Work required ▸ Lift out, unaltered, the lines of the material below between the line holding "(AllBelow-update_script (suc s.addr) s.addr (as_registered" and the line holding "(script_callbacks s.addr loaded_script))", counting both.

Record extracts ▸
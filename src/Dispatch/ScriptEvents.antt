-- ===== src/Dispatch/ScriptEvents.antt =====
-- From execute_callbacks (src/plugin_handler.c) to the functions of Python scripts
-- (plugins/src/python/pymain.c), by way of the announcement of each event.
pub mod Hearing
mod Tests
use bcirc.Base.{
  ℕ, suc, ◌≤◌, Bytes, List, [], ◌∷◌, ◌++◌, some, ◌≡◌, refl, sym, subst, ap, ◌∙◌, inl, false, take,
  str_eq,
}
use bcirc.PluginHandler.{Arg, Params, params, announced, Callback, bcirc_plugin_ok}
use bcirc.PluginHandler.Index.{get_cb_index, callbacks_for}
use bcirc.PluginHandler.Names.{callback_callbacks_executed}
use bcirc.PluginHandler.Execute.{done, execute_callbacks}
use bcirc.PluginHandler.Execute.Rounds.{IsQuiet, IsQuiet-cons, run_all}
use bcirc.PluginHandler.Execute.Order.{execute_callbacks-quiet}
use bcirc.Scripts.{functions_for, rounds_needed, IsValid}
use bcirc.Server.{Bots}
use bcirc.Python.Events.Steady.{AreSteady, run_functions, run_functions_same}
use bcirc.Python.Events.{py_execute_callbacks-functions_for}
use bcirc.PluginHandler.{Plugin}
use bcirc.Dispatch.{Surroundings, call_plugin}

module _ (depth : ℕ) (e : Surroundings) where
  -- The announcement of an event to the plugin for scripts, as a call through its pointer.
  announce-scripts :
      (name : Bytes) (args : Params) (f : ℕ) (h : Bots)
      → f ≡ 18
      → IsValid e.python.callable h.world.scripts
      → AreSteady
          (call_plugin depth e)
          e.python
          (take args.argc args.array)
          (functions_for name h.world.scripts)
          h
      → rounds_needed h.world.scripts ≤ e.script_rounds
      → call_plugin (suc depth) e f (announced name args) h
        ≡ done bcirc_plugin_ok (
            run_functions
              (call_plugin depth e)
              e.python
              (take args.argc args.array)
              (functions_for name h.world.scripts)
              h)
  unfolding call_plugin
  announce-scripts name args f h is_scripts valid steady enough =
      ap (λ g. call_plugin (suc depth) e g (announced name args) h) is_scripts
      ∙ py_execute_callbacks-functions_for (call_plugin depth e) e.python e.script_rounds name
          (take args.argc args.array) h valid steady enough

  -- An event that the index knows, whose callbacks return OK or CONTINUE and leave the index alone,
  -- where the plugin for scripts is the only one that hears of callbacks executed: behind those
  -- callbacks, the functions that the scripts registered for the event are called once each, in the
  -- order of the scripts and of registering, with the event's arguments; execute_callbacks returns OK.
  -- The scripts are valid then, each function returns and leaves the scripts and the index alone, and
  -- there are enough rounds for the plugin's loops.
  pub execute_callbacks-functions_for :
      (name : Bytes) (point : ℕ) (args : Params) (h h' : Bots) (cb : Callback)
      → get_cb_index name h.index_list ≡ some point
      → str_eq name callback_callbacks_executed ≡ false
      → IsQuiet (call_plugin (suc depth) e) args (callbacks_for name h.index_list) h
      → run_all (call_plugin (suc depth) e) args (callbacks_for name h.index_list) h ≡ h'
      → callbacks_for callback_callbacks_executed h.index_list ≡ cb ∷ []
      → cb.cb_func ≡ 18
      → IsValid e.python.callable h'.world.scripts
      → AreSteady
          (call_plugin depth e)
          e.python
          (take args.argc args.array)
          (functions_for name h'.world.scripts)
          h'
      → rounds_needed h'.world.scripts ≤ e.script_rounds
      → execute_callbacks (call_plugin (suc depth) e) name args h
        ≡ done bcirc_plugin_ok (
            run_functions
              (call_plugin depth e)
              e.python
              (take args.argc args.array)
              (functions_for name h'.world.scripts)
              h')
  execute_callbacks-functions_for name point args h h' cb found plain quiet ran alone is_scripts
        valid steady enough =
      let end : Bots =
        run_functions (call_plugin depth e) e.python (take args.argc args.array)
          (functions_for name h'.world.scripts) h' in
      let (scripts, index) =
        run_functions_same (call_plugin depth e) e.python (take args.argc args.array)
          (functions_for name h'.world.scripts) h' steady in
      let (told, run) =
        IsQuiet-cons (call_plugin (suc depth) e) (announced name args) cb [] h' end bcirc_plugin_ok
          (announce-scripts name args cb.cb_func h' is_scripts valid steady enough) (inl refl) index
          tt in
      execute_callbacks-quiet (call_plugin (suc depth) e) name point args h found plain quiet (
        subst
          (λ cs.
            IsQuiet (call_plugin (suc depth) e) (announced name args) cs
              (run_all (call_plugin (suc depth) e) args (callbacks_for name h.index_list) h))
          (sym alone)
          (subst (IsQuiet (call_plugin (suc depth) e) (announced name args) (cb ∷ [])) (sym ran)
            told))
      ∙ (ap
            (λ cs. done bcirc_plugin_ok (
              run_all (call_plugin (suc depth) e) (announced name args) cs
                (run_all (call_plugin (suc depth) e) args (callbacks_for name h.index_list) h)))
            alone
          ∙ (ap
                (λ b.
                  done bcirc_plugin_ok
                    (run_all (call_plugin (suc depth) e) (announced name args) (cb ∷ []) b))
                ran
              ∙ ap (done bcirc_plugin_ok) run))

--

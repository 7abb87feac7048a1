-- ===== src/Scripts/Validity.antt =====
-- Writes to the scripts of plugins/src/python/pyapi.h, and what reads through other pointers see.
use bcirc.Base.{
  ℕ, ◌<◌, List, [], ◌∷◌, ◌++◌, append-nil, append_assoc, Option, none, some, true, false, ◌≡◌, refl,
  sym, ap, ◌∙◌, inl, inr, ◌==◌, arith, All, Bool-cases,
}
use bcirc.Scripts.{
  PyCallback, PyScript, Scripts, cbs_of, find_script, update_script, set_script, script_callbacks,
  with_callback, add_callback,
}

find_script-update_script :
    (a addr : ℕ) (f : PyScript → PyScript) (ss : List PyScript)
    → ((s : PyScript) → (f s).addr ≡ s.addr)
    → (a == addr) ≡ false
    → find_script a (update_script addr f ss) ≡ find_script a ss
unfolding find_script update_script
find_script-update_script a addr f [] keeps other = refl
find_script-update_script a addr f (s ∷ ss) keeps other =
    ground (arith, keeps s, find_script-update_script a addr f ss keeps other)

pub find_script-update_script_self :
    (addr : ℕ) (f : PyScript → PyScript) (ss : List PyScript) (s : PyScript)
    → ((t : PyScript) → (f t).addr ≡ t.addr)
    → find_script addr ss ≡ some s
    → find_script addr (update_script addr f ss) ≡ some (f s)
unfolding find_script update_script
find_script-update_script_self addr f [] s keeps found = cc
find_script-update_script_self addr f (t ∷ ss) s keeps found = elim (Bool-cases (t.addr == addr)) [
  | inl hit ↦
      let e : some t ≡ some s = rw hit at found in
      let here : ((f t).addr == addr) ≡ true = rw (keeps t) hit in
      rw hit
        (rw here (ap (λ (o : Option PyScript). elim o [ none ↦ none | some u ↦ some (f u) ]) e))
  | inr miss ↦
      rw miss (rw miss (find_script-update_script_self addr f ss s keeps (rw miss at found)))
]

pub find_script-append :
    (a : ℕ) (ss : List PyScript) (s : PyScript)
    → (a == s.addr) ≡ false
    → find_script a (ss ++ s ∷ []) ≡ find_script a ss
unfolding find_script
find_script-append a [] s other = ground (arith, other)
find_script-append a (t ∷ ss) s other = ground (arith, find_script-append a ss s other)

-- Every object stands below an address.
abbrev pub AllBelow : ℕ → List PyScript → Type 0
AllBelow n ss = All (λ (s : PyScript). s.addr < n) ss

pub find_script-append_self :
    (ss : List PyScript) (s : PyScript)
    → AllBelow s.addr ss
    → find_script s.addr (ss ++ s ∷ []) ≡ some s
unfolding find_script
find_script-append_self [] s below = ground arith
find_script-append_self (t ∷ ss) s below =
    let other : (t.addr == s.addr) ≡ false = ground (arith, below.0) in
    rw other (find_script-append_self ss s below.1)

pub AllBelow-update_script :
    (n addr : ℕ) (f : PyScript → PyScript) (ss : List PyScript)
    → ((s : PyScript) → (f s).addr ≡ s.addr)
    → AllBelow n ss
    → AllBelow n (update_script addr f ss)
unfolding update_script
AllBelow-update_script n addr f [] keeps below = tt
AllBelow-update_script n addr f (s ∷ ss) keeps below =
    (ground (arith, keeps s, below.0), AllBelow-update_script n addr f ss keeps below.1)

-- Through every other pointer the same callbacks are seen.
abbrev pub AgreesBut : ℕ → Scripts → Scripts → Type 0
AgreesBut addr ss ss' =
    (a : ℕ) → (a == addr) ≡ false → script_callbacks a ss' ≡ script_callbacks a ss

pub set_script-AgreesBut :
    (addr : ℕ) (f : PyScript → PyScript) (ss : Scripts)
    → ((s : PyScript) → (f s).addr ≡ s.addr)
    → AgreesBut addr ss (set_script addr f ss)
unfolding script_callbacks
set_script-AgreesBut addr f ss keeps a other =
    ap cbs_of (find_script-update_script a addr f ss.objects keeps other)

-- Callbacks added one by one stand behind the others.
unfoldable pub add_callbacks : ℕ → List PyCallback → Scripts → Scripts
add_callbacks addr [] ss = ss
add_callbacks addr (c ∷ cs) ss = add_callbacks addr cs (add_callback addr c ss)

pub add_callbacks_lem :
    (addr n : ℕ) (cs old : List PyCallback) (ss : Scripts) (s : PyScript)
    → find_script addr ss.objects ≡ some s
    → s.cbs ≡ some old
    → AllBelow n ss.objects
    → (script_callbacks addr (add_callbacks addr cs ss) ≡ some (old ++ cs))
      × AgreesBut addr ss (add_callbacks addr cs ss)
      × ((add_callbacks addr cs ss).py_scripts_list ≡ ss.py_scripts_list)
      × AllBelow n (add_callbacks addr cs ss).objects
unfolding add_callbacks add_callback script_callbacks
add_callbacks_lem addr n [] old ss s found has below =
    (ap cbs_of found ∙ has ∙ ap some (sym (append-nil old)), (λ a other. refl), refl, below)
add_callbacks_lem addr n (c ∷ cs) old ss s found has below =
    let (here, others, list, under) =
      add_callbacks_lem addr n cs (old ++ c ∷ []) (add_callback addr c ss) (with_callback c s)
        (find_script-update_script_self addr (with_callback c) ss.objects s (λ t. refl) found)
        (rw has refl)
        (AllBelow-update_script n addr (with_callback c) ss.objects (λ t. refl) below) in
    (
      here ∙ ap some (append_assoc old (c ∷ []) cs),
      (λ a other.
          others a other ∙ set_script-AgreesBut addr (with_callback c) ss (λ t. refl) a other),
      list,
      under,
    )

--

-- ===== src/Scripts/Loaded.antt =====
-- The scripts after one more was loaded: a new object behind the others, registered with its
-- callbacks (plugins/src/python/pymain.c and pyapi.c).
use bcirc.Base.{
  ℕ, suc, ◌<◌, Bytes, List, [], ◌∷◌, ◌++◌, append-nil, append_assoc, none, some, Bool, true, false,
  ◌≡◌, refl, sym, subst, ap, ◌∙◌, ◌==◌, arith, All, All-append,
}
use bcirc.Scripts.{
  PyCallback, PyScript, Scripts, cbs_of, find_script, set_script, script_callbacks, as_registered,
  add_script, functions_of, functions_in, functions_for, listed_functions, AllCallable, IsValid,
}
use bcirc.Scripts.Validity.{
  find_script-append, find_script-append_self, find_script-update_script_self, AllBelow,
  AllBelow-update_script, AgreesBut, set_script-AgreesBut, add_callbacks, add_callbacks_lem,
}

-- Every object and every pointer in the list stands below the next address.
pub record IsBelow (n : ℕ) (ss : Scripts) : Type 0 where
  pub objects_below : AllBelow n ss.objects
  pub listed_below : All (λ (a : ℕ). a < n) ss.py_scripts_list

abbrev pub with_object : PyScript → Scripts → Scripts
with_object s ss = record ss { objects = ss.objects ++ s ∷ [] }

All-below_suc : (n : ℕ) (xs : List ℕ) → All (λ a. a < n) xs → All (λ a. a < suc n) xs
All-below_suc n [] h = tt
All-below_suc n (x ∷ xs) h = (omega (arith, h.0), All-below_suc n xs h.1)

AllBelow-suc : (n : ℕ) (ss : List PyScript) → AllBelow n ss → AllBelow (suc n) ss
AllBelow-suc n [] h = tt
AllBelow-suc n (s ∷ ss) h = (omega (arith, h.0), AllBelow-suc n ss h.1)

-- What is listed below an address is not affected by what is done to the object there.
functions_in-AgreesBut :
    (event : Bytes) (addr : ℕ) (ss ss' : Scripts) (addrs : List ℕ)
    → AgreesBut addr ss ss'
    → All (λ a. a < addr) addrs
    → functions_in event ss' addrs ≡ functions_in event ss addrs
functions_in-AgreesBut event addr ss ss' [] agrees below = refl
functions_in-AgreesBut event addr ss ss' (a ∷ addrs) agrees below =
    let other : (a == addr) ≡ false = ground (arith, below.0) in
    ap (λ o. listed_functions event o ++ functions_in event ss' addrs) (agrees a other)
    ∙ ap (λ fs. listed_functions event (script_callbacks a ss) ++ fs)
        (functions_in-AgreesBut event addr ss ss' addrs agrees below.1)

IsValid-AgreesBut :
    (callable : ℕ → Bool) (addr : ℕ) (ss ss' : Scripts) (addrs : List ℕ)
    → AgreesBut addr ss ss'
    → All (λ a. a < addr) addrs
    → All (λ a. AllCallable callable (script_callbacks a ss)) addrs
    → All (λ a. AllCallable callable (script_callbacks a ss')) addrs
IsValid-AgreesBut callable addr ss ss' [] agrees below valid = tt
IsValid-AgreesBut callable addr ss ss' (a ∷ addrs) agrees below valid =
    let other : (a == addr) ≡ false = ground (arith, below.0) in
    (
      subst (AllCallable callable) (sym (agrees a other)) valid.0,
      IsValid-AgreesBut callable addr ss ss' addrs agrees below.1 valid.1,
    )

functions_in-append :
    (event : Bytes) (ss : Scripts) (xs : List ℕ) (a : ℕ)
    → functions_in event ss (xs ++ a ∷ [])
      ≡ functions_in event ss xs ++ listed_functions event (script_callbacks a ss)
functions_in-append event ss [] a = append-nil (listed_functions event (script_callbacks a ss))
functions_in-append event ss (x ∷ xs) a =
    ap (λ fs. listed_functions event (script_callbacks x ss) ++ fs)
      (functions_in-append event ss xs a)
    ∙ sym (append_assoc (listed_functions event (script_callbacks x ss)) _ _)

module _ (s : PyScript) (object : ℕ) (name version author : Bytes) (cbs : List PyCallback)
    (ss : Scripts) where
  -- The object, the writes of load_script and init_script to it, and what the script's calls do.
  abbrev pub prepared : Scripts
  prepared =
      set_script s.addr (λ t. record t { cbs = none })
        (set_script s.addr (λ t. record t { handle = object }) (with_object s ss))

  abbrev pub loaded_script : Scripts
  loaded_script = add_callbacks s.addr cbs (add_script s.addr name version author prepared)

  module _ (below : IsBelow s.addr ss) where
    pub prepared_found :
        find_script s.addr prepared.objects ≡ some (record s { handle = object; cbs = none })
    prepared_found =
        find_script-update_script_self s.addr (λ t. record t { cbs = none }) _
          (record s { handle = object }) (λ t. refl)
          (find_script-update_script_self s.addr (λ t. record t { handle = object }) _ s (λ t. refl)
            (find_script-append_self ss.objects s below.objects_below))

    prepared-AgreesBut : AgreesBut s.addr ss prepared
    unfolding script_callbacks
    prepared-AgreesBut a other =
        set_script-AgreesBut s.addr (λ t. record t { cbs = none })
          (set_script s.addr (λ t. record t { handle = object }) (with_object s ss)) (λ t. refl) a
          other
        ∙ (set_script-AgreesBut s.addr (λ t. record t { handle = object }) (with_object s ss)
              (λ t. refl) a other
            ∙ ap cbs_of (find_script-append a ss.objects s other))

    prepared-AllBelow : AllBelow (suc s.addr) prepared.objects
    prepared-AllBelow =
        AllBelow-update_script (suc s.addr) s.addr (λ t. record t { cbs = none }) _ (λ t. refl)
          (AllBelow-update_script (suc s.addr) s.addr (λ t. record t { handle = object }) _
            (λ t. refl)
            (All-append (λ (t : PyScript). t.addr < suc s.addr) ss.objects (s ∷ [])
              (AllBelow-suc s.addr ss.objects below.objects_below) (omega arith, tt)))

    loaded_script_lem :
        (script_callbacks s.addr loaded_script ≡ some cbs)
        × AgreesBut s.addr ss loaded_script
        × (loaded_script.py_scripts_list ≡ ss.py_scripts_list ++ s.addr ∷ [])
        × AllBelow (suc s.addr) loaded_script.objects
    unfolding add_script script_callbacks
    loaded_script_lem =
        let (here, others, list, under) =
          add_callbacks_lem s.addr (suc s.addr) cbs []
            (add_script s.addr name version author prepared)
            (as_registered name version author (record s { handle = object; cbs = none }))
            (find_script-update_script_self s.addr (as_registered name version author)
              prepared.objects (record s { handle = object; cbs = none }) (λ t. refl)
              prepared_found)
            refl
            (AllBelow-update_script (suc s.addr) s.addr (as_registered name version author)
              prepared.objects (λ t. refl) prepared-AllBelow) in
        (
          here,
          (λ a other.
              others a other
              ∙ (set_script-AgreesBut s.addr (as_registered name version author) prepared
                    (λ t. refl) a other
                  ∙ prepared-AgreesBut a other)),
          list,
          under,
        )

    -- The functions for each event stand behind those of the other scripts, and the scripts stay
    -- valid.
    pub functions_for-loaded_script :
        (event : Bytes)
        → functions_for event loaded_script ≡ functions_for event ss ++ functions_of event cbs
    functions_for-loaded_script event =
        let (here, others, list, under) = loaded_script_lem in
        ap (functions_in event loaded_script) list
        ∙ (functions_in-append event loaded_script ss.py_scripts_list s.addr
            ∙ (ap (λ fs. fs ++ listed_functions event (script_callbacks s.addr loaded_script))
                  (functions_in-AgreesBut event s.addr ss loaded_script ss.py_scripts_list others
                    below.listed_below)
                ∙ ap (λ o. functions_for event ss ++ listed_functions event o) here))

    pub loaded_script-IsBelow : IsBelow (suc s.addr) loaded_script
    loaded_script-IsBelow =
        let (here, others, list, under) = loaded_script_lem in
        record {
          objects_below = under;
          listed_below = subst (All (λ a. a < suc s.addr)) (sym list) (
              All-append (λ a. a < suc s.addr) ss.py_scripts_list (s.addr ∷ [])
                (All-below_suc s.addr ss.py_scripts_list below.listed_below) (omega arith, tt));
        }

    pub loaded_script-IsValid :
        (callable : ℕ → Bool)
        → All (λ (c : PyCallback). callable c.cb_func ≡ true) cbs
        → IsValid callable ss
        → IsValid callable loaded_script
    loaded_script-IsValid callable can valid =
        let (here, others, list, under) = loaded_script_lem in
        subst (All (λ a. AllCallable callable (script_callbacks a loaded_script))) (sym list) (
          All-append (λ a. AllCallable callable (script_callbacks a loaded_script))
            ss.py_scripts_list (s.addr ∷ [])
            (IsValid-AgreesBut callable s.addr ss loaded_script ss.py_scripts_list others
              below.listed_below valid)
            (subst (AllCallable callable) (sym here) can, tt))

Response ▸
            (AllBelow-update_script (suc s.addr) s.addr (as_registered name version author)
              prepared.objects (λ t. refl) prepared-AllBelow) in
        (
          here,
          (λ a other.
              others a other
              ∙ (set_script-AgreesBut s.addr (as_registered name version author) prepared
                    (λ t. refl) a other
                  ∙ prepared-AgreesBut a other)),
          list,
          under,
        )

    -- The functions for each event stand behind those of the other scripts, and the scripts stay
    -- valid.
    pub functions_for-loaded_script :
        (event : Bytes)
        → functions_for event loaded_script ≡ functions_for event ss ++ functions_of event cbs
    functions_for-loaded_script event =
        let (here, others, list, under) = loaded_script_lem in
        ap (functions_in event loaded_script) list
        ∙ (functions_in-append event loaded_script ss.py_scripts_list s.addr
            ∙ (ap (λ fs. fs ++ listed_functions event (script_callbacks s.addr loaded_script))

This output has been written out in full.